(Work request) Within the entries below, the lines from the one with "(open_archive_directory_root-Confines system)" through the one with "elim (Bool-cases (ltb" are to be set down exactly, both ends kept.

(The input)
※

-- ===== src/Install/Confined/Pending.antt =====
-- archive_tree.rs of omne-artifact-install-primitives: the rounds over the hard links that wait.
use omne_runtime.Base.{
  ltb, if◌then◌else◌, ◌≡◌, ℕ, zero, suc, Bool, true, false, Option, some, List, [], ◌∷◌, ok, length,
}
use omne_runtime.Base.Actions.{lift}
use omne_runtime.FsPath.Segments.{path_of}
use omne_runtime.Install.{ArtifactInstallError, System}
use omne_runtime.Install.Collisions.{CaseCollisionTracker}
use omne_runtime.Install.Confined.{
  if-Confines, check-Confines, then-Confines, >>=-Confines, Confines,
}
use omne_runtime.Install.Confined.Directories.{ensure_archive_directory_chain-Confines}
use omne_runtime.Install.Confined.HardLinks.{try_create_tar_hard_link-Confines, IsPending}
use omne_runtime.Install.Directories.{ensure_archive_directory_chain}
use omne_runtime.Install.Links.{try_create_tar_hard_link, PendingTarHardLink}
use omne_runtime.Install.Tree.{
  matched, missing_parent, resolve_pending_tar_hard_links, missing_target, link_round,
}

abbrev pub AllPending : List PendingTarHardLink → Type 0
AllPending [] = Unit
AllPending (p ∷ ps) = IsPending p × AllPending ps

module _ (system : System) where
  link_round-Confines :
      (tracker : Option CaseCollisionTracker) (pending : List PendingTarHardLink)
      → AllPending pending
      → Confines AllPending (link_round system tracker pending)
  unfolding link_round
  link_round-Confines tracker [] h = λ machine safe. (safe, tt)
  link_round-Confines tracker (pending ∷ rest) (one, others) =
      check-Confines AllPending (matched tracker pending) _ λ u e.
        >>=-Confines (λ b. Unit) AllPending (try_create_tar_hard_link system pending) _
          (try_create_tar_hard_link-Confines system pending one)
          (λ linked v.
            >>=-Confines AllPending AllPending (link_round system tracker rest)
              (λ remaining. lift (ok (if linked then remaining else pending ∷ remaining)))
              (link_round-Confines tracker rest others)
              (λ remaining kept machine safe. (safe, left_over linked pending remaining one kept)))
    where
      left_over :
          (linked : Bool) (pending : PendingTarHardLink) (remaining : List PendingTarHardLink)
          → IsPending pending
          → AllPending remaining
          → AllPending (if linked then remaining else pending ∷ remaining)
      left_over true pending remaining one kept = kept
      left_over false pending remaining one kept = (one, kept)

  missing_target-Confines :
      (pending : PendingTarHardLink)
      → IsPending pending
      → Confines (λ u. Unit) (missing_target system pending)
  unfolding missing_target
  missing_target-Confines pending p = rw p.target.path_parent (
      then-Confines (λ u. Unit) (missing_parent system pending (some (path_of p.target.dir))) _
        (>>=-Confines (λ d. d ≡ p.target.dir) (λ u. Unit)
          (ensure_archive_directory_chain system pending.entry_path (path_of p.target.dir) false)
          (λ d. lift (ok tt))
          (ensure_archive_directory_chain-Confines system pending.entry_path p.target.dir false
            p.target.dir_proper)
          (λ d e machine safe. (safe, tt)))
        (λ machine safe. safe))

  next_round-Confines :
      (rounds : ℕ) (tracker : Option CaseCollisionTracker) (before : ℕ)
      → ((first : PendingTarHardLink) (others : List PendingTarHardLink)
          → AllPending (first ∷ others)
          → Confines
              (λ u. Unit {0})
              (resolve_pending_tar_hard_links system rounds tracker (first ∷ others)))
      → (remaining : List PendingTarHardLink) → AllPending remaining
      → Confines
          (λ u. Unit {0})
          (elim remaining [
            | [] ↦ lift {E = ArtifactInstallError} (ok tt)
            | first ∷ others ↦
                let again = resolve_pending_tar_hard_links system rounds tracker (first ∷ others) in
                if ltb (length (first ∷ others)) before then again else missing_target system first
          ])
  next_round-Confines rounds tracker before again [] kept = λ machine safe. (safe, tt)
  next_round-Confines rounds tracker before again (first ∷ others) (one, kept) =
      if-Confines (λ u. Unit) (ltb (length (first ∷ others)) before) _ _
        (λ e. again first others (one, kept)) (λ e. missing_target-Confines first one)

  pub resolve_pending-Confines :
      (rounds : ℕ) (tracker : Option CaseCollisionTracker) (pending : List PendingTarHardLink)
      → AllPending pending
      → Confines (λ u. Unit) (resolve_pending_tar_hard_links system rounds tracker pending)
  unfolding resolve_pending_tar_hard_links
  resolve_pending-Confines zero tracker [] h = λ machine safe. (safe, tt)
  resolve_pending-Confines (suc rounds) tracker [] h = λ machine safe. (safe, tt)
  resolve_pending-Confines zero tracker (pending ∷ rest) (one, others) =
      missing_target-Confines pending one
  resolve_pending-Confines (suc rounds) tracker (pending ∷ rest) h =
      >>=-Confines AllPending (λ u. Unit) (link_round system tracker (pending ∷ rest)) _
        (link_round-Confines tracker (pending ∷ rest) h)
        (next_round-Confines rounds tracker (length (pending ∷ rest))
          λ first others kept. resolve_pending-Confines rounds tracker (first ∷ others) kept)
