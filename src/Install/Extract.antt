-- ===== src/Install/Extract.antt =====
-- archive_tree.rs of omne-artifact-install-primitives: `extract_archive_tree_into_root`, a walk of the archive
-- with the installer, and its pending links.
use omne_runtime.Base.{Bool, Option, none, some, [], ◌∷◌, Text, codes, decimal, if◌then◌else◌}
use omne_runtime.Base.Actions.{◌>>=◌, ◌>>◌, map_error}
use omne_runtime.Archive.{
  WalkArchiveTreeError, BinaryArchiveFormat, visitor_error, unsupported_archive_type, archive_read,
  invalid_archive_path, unsupported_archive_entry, extraction_budget_exceeded,
  archive_entry_budget_exceeded, tar_gz, tar_xz, zip, ArchiveTreeExtractionLimits,
}
use omne_runtime.Archive.Walk.{Archives, walk_archive_tree}
use omne_runtime.Install.{System, install, ArtifactInstallError}
use omne_runtime.Install.Collisions.{CaseCollisionTracker}
use omne_runtime.Install.Directories.{Install, open_archive_directory_root}
use omne_runtime.Install.Tree.{
  installer_visitor, visit_hard_link, visit_symlink, visit_regular_file, visit_directory,
  finish_install, Method,
}

-- `BinaryArchiveFormat::label`
abbrev label : BinaryArchiveFormat → Text
unfolding codes
label tar_gz = codes "tar.gz"
label tar_xz = codes "tar.xz"
label zip = codes "zip"

-- `map_archive_walk_error`, with the messages that the errors of a walk display
unfoldable pub map_archive_walk_error :
    WalkArchiveTreeError ArtifactInstallError → ArtifactInstallError
unfolding codes decimal label
map_archive_walk_error (visitor_error e) = e
map_archive_walk_error (unsupported_archive_type asset_name) =
    install "unsupported archive type for `{asset_name}`" (asset_name ∷ [])
map_archive_walk_error (archive_read archive_format stage detail) =
    install "{archive_format} archive read failed during {stage}: {detail}"
      (label archive_format ∷ codes stage ∷ detail ∷ [])
map_archive_walk_error (invalid_archive_path archive_format archive_path detail) =
    install "{archive_format} archive entry `{archive_path}` is invalid: {detail}"
      (label archive_format ∷ archive_path ∷ codes detail ∷ [])
map_archive_walk_error (unsupported_archive_entry archive_format archive_path detail) =
    install "{archive_format} archive entry `{archive_path}` is unsupported: {detail}"
      (label archive_format ∷ archive_path ∷ detail ∷ [])
map_archive_walk_error (extraction_budget_exceeded archive_format archive_path limit_bytes) =
    install
      "{archive_format} archive extracted bytes exceed limit of {limit_bytes} while visiting `{archive_path}`"
      (label archive_format ∷ decimal limit_bytes ∷ archive_path ∷ [])
map_archive_walk_error (archive_entry_budget_exceeded archive_format archive_path limit_entries) =
    install
      "{archive_format} archive entry count exceeds limit of {limit_entries} while visiting `{archive_path}`"
      (label archive_format ∷ decimal limit_entries ∷ archive_path ∷ [])

-- A method on a new installer
abbrev pub on_new_installer : {A : Type 0} → Option CaseCollisionTracker → Method A → Install A
on_new_installer tracker m machine =
    let (result, installer) =
      m (record { machine = machine; case_collision_tracker = tracker; pending_hard_links = [] }) in
    (result, installer.machine)

-- `case_sensitive` is what `filesystem_is_case_sensitive` of omne-fs-primitives answers.
unfoldable pub extract_archive_tree_into_root :
    System
    → (case_sensitive : Bool) → Text
    → Archives
    → ArchiveTreeExtractionLimits
    → Install (Unit {0})
unfolding open_archive_directory_root walk_archive_tree map_archive_walk_error finish_install
    visit_directory visit_regular_file visit_symlink visit_hard_link
extract_archive_tree_into_root system case_sensitive asset_name archives limits = do
  root ← open_archive_directory_root system
  on_new_installer (if case_sensitive then none else some []) (do
    map_error (walk_archive_tree asset_name archives limits (installer_visitor system))
        map_archive_walk_error
    finish_install system)
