-- ===== src/Install/Confined/Tree.antt =====
-- archive_tree.rs of omne-artifact-install-primitives: an extraction stays below its root.
use omne_runtime.Base.{
  sym, if◌then◌else◌, ◌≡◌, ℕ, Bool, true, Option, none, some, List, [], ◌∷◌, ◌++◌, Bytes, Text,
  Result, ok, err, length,
}
use omne_runtime.Base.Actions.{
  Outcome-weaken, Outcome, ◌>>◌, lift, map_error, Triple, >>=-Triple, map_error-Triple,
}
use mathlib.Core.Path.{subst}
use omne_runtime.Archive.{ArchiveTreeExtractionLimits}
use omne_runtime.Archive.Paths.{IsEntryPath-IsNameIn, IsEntryPath}
use omne_runtime.Archive.Walk.{walk_archive_tree, Archives}
use omne_runtime.Archive.Walk.Rule.{walk_archive_tree-Kept, Kept}
use omne_runtime.Install.{Machine, ArtifactInstallError, System}
use omne_runtime.Install.Collisions.{CaseCollisionTracker}
use omne_runtime.Install.Confined.{>>=-Confines, IsConfinedWith, IsConfined, Confines}
use omne_runtime.Install.Confined.Directories.{
  open_archive_directory_root-Confines, ensure_archive_directory_chain-Confines,
}
use omne_runtime.Install.Confined.HardLinks.{prepare_tar_hard_link-Confines, IsPending}
use omne_runtime.Install.Confined.Links.{
  write_archive_regular_file-Confines, create_tar_symlink-Confines,
}
use omne_runtime.Install.Confined.Pending.{AllPending, resolve_pending-Confines}
use omne_runtime.Install.Directories.{
  open_archive_directory_root, ensure_archive_directory_chain, Install,
}
use omne_runtime.Install.Extract.{
  on_new_installer, map_archive_walk_error, extract_archive_tree_into_root,
}
use omne_runtime.Install.Leaves.{write_archive_regular_file}
use omne_runtime.Install.Links.{prepare_tar_hard_link, create_tar_symlink, PendingTarHardLink}
use omne_runtime.Install.Tree.{
  installer_visitor, resolve_pending_tar_hard_links, finish_install, push_pending, kept_tracker,
  on_machine, visit_symlink, visit_regular_file, visit_hard_link, visit_directory, recorded_case,
  record_case_collision, Method, ArchiveTreeInstaller,
}

AllPending-append :
    (ps : List PendingTarHardLink) (p : PendingTarHardLink)
    → AllPending ps
    → IsPending p
    → AllPending (ps ++ p ∷ [])
AllPending-append [] p h one = (one, tt)
AllPending-append (q ∷ qs) p (first, rest) one = (first, AllPending-append qs p rest one)

-- The calls so far are confined, and so are the links that wait.
abbrev IsTidy : ArchiveTreeInstaller → Type 0
IsTidy installer = IsConfined installer.machine × AllPending installer.pending_hard_links

abbrev KeepsTidy : {A : Type 0} → (A → Type 0) → Method A → Type 0
KeepsTidy {A} Q m = Triple IsTidy IsTidy (λ (a : A) installer. IsTidy installer × Q a) m

on_machine-Outcome :
    {A : Type 0} (Q : A → Type 0) (installer : ArchiveTreeInstaller)
    (x : Result ArtifactInstallError A × Machine)
    → AllPending installer.pending_hard_links
    → Outcome IsConfined (IsConfinedWith Q) x
    → Outcome IsTidy (λ a i. IsTidy i × Q a) (x.0, record installer { machine = x.1 })
on_machine-Outcome Q installer (ok a, machine) pending (safe, q) = ((safe, pending), q)
on_machine-Outcome Q installer (err e, machine) pending safe = (safe, pending)

on_machine-Tidy :
    {A : Type 0} (Q : A → Type 0) (m : Install A) → Confines Q m → KeepsTidy Q (on_machine m)
on_machine-Tidy Q m h installer (safe, pending) =
    on_machine-Outcome Q installer (m installer.machine) pending (h installer.machine safe)

kept_tracker-Tidy :
    (installer : ArchiveTreeInstaller)
    (tracker : Result ArtifactInstallError (Option CaseCollisionTracker))
    → IsTidy installer
    → Outcome IsTidy (λ u i. IsTidy i × Unit) (kept_tracker installer tracker)
kept_tracker-Tidy installer (ok tracker) tidy = (tidy, tt)
kept_tracker-Tidy installer (err e) tidy = tidy

-- The letter case is checked before each visit.
recording :
    {B : Type 0} (Q : B → Type 0) (path : Bytes) (rest : Method B)
    → KeepsTidy Q rest
    → KeepsTidy Q (record_case_collision path >> rest)
unfolding record_case_collision
recording Q path rest h =
    >>=-Triple IsTidy (λ u i. IsTidy i × Unit) (λ b i. IsTidy i × Q b) (record_case_collision path)
      (λ u. rest)
      (λ installer tidy.
        kept_tracker-Tidy installer (recorded_case installer.case_collision_tracker path) tidy)
      (λ u i (tidy, v). h i tidy)

module _ (system : System) where
  visit_directory-Tidy :
      (path : Bytes) → IsEntryPath path → KeepsTidy (λ u. Unit) (visit_directory system path)
  unfolding visit_directory
  visit_directory-Tidy path below =
      recording (λ u. Unit) path _
        (>>=-Triple IsTidy (λ d i. IsTidy i × (d ≡ below.segments)) (λ u i. IsTidy i × Unit)
          (on_machine (ensure_archive_directory_chain system path path true)) (λ d. lift (ok tt))
          (on_machine-Tidy (λ d. d ≡ below.segments)
            (ensure_archive_directory_chain system path path true)
            (subst
              (λ q.
                Confines (λ d. d ≡ below.segments)
                  (ensure_archive_directory_chain system path q true))
              (sym below.made_of)
              (ensure_archive_directory_chain-Confines system path below.segments true
                below.proper)))
          (λ d i (tidy, e). (tidy, tt)))

  visit_regular_file-Tidy :
      (path : Bytes) (content : Result Text Bytes) (unix_mode : Option ℕ)
      → IsEntryPath path
      → KeepsTidy (λ u. Unit) (visit_regular_file system path content unix_mode)
  unfolding visit_regular_file
  visit_regular_file-Tidy path content unix_mode below =
      recording (λ u. Unit) path _
        (on_machine-Tidy (λ u. Unit) (write_archive_regular_file system path path content unix_mode)
          (write_archive_regular_file-Confines system path path (IsEntryPath-IsNameIn path below)
            content unix_mode))

  visit_symlink-Tidy :
      (path target : Bytes)
      → IsEntryPath path
      → KeepsTidy (λ u. Unit) (visit_symlink system path target)
  unfolding visit_symlink
  visit_symlink-Tidy path target below =
      recording (λ u. Unit) path _
        (on_machine-Tidy (λ u. Unit) (create_tar_symlink system path path target)
          (create_tar_symlink-Confines system path path (IsEntryPath-IsNameIn path below) target))

  visit_hard_link-Tidy :
      (path target : Bytes)
      → IsEntryPath path
      → KeepsTidy (λ u. Unit) (visit_hard_link system path target)
  unfolding visit_hard_link
  visit_hard_link-Tidy path target below =
      recording (λ u. Unit) path _
        (>>=-Triple IsTidy (λ p i. IsTidy i × IsPending p) (λ u i. IsTidy i × Unit)
          (on_machine (prepare_tar_hard_link system path path target)) push_pending
          (on_machine-Tidy IsPending (prepare_tar_hard_link system path path target) (
            prepare_tar_hard_link-Confines system path path target
              (IsEntryPath-IsNameIn path below)))
          (λ p i ((safe, pending), one).
            ((safe, AllPending-append i.pending_hard_links p pending one), tt)))

  finish_install-Tidy : KeepsTidy (λ u. Unit) (finish_install system)
  unfolding finish_install
  finish_install-Tidy installer (safe, pending) =
      let links =
        resolve_pending_tar_hard_links system (length installer.pending_hard_links)
          installer.case_collision_tracker installer.pending_hard_links in
      on_machine-Tidy (λ u. Unit) links
        (resolve_pending-Confines system (length installer.pending_hard_links)
          installer.case_collision_tracker installer.pending_hard_links pending)
        installer (safe, pending)

  weakened :
      (m : Method (Unit {0})) → KeepsTidy (λ u. Unit) m → Kept IsTidy (installer_visitor system) m
  weakened m h installer tidy =
      Outcome-weaken IsTidy (λ u. IsTidy) (λ u i. IsTidy i × Unit) (m installer)
        (λ u i (kept, v). kept) (h installer tidy)

  extraction-Tidy :
      (asset_name : Text) (archives : Archives) (limits : ArchiveTreeExtractionLimits)
      → Kept IsTidy (installer_visitor system) (
          map_error
            (walk_archive_tree asset_name archives limits (installer_visitor system))
            map_archive_walk_error
          >> finish_install system)
  extraction-Tidy asset_name archives limits =
      let Tidy = λ (u : Unit {0}). IsTidy in
      let walk = walk_archive_tree asset_name archives limits (installer_visitor system) in
      >>=-Triple IsTidy Tidy Tidy (map_error walk map_archive_walk_error)
        (λ u. finish_install system)
        (map_error-Triple IsTidy Tidy walk map_archive_walk_error (
          walk_archive_tree-Kept IsTidy (installer_visitor system)
            (λ path below. weakened _ (visit_directory-Tidy path below))
            (λ path content unix_mode below.
              weakened _ (visit_regular_file-Tidy path content unix_mode below))
            (λ path target below. weakened _ (visit_symlink-Tidy path target below))
            (λ path target below. weakened _ (visit_hard_link-Tidy path target below)) asset_name
            archives limits))
        (λ u. weakened (finish_install system) finish_install-Tidy)

  new_installer-Outcome :
      (x : Result ArtifactInstallError (Unit {0}) × ArchiveTreeInstaller)
      → Outcome IsTidy (λ u. IsTidy) x
      → Outcome IsConfined (IsConfinedWith (λ u. Unit)) (x.0, x.1.machine)
  new_installer-Outcome (ok u, installer) (safe, pending) = (safe, tt)
  new_installer-Outcome (err e, installer) (safe, pending) = safe

  on_new_installer-Confines :
      (tracker : Option CaseCollisionTracker) (m : Method (Unit {0}))
      → Kept IsTidy (installer_visitor system) m
      → Confines (λ u. Unit) (on_new_installer tracker m)
  on_new_installer-Confines tracker m h machine safe =
      let start : ArchiveTreeInstaller = record {
        machine = machine;
        case_collision_tracker = tracker;
        pending_hard_links = [];
      } in
      new_installer-Outcome (m start) (h start (safe, tt))

  Confined-state :
      (x : Result ArtifactInstallError (Unit {0}) × Machine)
      → Outcome IsConfined (IsConfinedWith (λ u. Unit)) x
      → IsConfined x.1
  Confined-state (ok u, machine) (safe, v) = safe
  Confined-state (err e, machine) safe = safe

  -- Whatever an archive holds and whatever the operating system answers to each call, when the
  -- calls before an extraction are confined then those after it are: every directory is opened and
  -- made, and every file, link, rename, removal and change of mode is done, under a single name
  -- that is neither `.` nor `..` in a directory that was opened by such names from the root, the
  -- root itself being opened again as `.`; and the target of every symbolic link is relative and
  -- climbs nowhere above the root from the directory of the link.
  pub extract_archive_tree_into_root-IsConfined :
      (case_sensitive : Bool) (asset_name : Text) (archives : Archives)
      (limits : ArchiveTreeExtractionLimits) (machine : Machine)
      → IsConfined machine
      → IsConfined
          (extract_archive_tree_into_root system case_sensitive asset_name archives limits
            machine).1
  unfolding extract_archive_tree_into_root
  extract_archive_tree_into_root-IsConfined case_sensitive asset_name archives limits machine safe =
      let tracker : Option CaseCollisionTracker = if case_sensitive then none else some [] in
      let method =
        map_error (walk_archive_tree asset_name archives limits (installer_visitor system))
          map_archive_walk_error
        >> finish_install system in
      let root = open_archive_directory_root system in
      Confined-state
        (extract_archive_tree_into_root system case_sensitive asset_name archives limits machine)
        (>>=-Confines (λ d. d ≡ []) (λ u. Unit) root (λ d. on_new_installer tracker method)
          (open_archive_directory_root-Confines system)
          (λ d e.
            on_new_installer-Confines tracker method (extraction-Tidy asset_name archives limits))
          machine safe)
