-- ===== src/Install/Rounds.antt =====
-- archive_tree.rs of omne-artifact-install-primitives: the loop over the hard links that wait ends. As many
-- rounds as links are enough: more rounds change nothing.
use omne_runtime.Base.{
  inr, ltb→lt, refl, inl, if◌then◌else◌, Bool-cases, ◌<◌, arith, ◌≡◌, ℕ, zero, suc, ◌≤◌, Option,
  List, [], ◌∷◌, length, ok, ltb,
}
use omne_runtime.Base.Actions.{>>=-cong, lift}
use omne_runtime.Install.{Machine, System}
use omne_runtime.Install.Collisions.{CaseCollisionTracker}
use omne_runtime.Install.Directories.{Install}
use omne_runtime.Install.Links.{PendingTarHardLink}
use omne_runtime.Install.Tree.{missing_target, link_round, resolve_pending_tar_hard_links}

module _ (system : System) where
  -- What follows a round that began with `before` links
  abbrev after_round :
      ℕ → Option CaseCollisionTracker → ℕ → List PendingTarHardLink → Install (Unit {0})
  after_round rounds tracker before remaining = elim remaining [
    | [] ↦ lift (ok tt)
    | first ∷ others ↦
        let again = resolve_pending_tar_hard_links system rounds tracker (first ∷ others) in
        if ltb (length (first ∷ others)) before then again else missing_target system first
  ]

  after_round_stable :
      (rounds more : ℕ) (tracker : Option CaseCollisionTracker) (before : ℕ)
      (remaining : List PendingTarHardLink) (machine : Machine)
      → ((first : PendingTarHardLink) (others : List PendingTarHardLink)
          → length (first ∷ others) < before
          → resolve_pending_tar_hard_links system rounds tracker (first ∷ others) machine
            ≡ resolve_pending_tar_hard_links system more tracker (first ∷ others) machine)
      → after_round rounds tracker before remaining machine
        ≡ after_round more tracker before remaining machine
  after_round_stable rounds more tracker before [] machine h = refl
  after_round_stable rounds more tracker before (first ∷ others) machine h =
      elim (Bool-cases (ltb (length (first ∷ others)) before)) [
        | inl smaller ↦ rw (after_round, smaller) (h first others (ltb→lt _ before smaller))
        | inr same_size ↦ rw (after_round, same_size) refl
      ]

  -- The loop over the hard links that wait answers and leaves the machine the same with every
  -- number of rounds that is at least the number of links.
  pub resolve_pending_tar_hard_links_stable :
      (rounds more : ℕ) (tracker : Option CaseCollisionTracker) (pending : List PendingTarHardLink)
      (machine : Machine)
      → length pending ≤ rounds
      → length pending ≤ more
      → resolve_pending_tar_hard_links system rounds tracker pending machine
        ≡ resolve_pending_tar_hard_links system more tracker pending machine
  unfolding resolve_pending_tar_hard_links
  resolve_pending_tar_hard_links_stable rounds more tracker [] machine h k = refl
  resolve_pending_tar_hard_links_stable zero more tracker (p ∷ ps) machine h k =
      absurd (omega (arith, h))
  resolve_pending_tar_hard_links_stable (suc rounds) zero tracker (p ∷ ps) machine h k =
      absurd (omega (arith, k))
  resolve_pending_tar_hard_links_stable (suc rounds) (suc more) tracker (p ∷ ps) machine h k =
      >>=-cong (link_round system tracker (p ∷ ps)) (after_round rounds tracker (length (p ∷ ps)))
        (after_round more tracker (length (p ∷ ps)))
        (λ remaining after.
          after_round_stable rounds more tracker (length (p ∷ ps)) remaining after
            (λ first others smaller.
              resolve_pending_tar_hard_links_stable rounds more tracker (first ∷ others) after
                (omega (arith, h, smaller)) (omega (arith, k, smaller))))
        machine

※

(Exercise output)
          (open_archive_directory_root-Confines system)
          (λ d e.
            on_new_installer-Confines tracker method (extraction-Tidy asset_name archives limits))
          machine safe)
-- ===== src/Install/Rounds.antt =====
-- archive_tree.rs of omne-artifact-install-primitives: the loop over the hard links that wait ends. As many
-- rounds as links are enough: more rounds change nothing.
use omne_runtime.Base.{
  inr, ltb→lt, refl, inl, if◌then◌else◌, Bool-cases, ◌<◌, arith, ◌≡◌, ℕ, zero, suc, ◌≤◌, Option,
  List, [], ◌∷◌, length, ok, ltb,
}
use omne_runtime.Base.Actions.{>>=-cong, lift}
use omne_runtime.Install.{Machine, System}
use omne_runtime.Install.Collisions.{CaseCollisionTracker}
use omne_runtime.Install.Directories.{Install}
use omne_runtime.Install.Links.{PendingTarHardLink}
use omne_runtime.Install.Tree.{missing_target, link_round, resolve_pending_tar_hard_links}

module _ (system : System) where
  -- What follows a round that began with `before` links
  abbrev after_round :
      ℕ → Option CaseCollisionTracker → ℕ → List PendingTarHardLink → Install (Unit {0})
  after_round rounds tracker before remaining = elim remaining [
    | [] ↦ lift (ok tt)
    | first ∷ others ↦
        let again = resolve_pending_tar_hard_links system rounds tracker (first ∷ others) in
        if ltb (length (first ∷ others)) before then again else missing_target system first
  ]

  after_round_stable :
      (rounds more : ℕ) (tracker : Option CaseCollisionTracker) (before : ℕ)
      (remaining : List PendingTarHardLink) (machine : Machine)
      → ((first : PendingTarHardLink) (others : List PendingTarHardLink)
          → length (first ∷ others) < before
          → resolve_pending_tar_hard_links system rounds tracker (first ∷ others) machine
            ≡ resolve_pending_tar_hard_links system more tracker (first ∷ others) machine)
      → after_round rounds tracker before remaining machine
        ≡ after_round more tracker before remaining machine
  after_round_stable rounds more tracker before [] machine h = refl
  after_round_stable rounds more tracker before (first ∷ others) machine h =
      elim (Bool-cases (ltb (length (first ∷ others)) before)) [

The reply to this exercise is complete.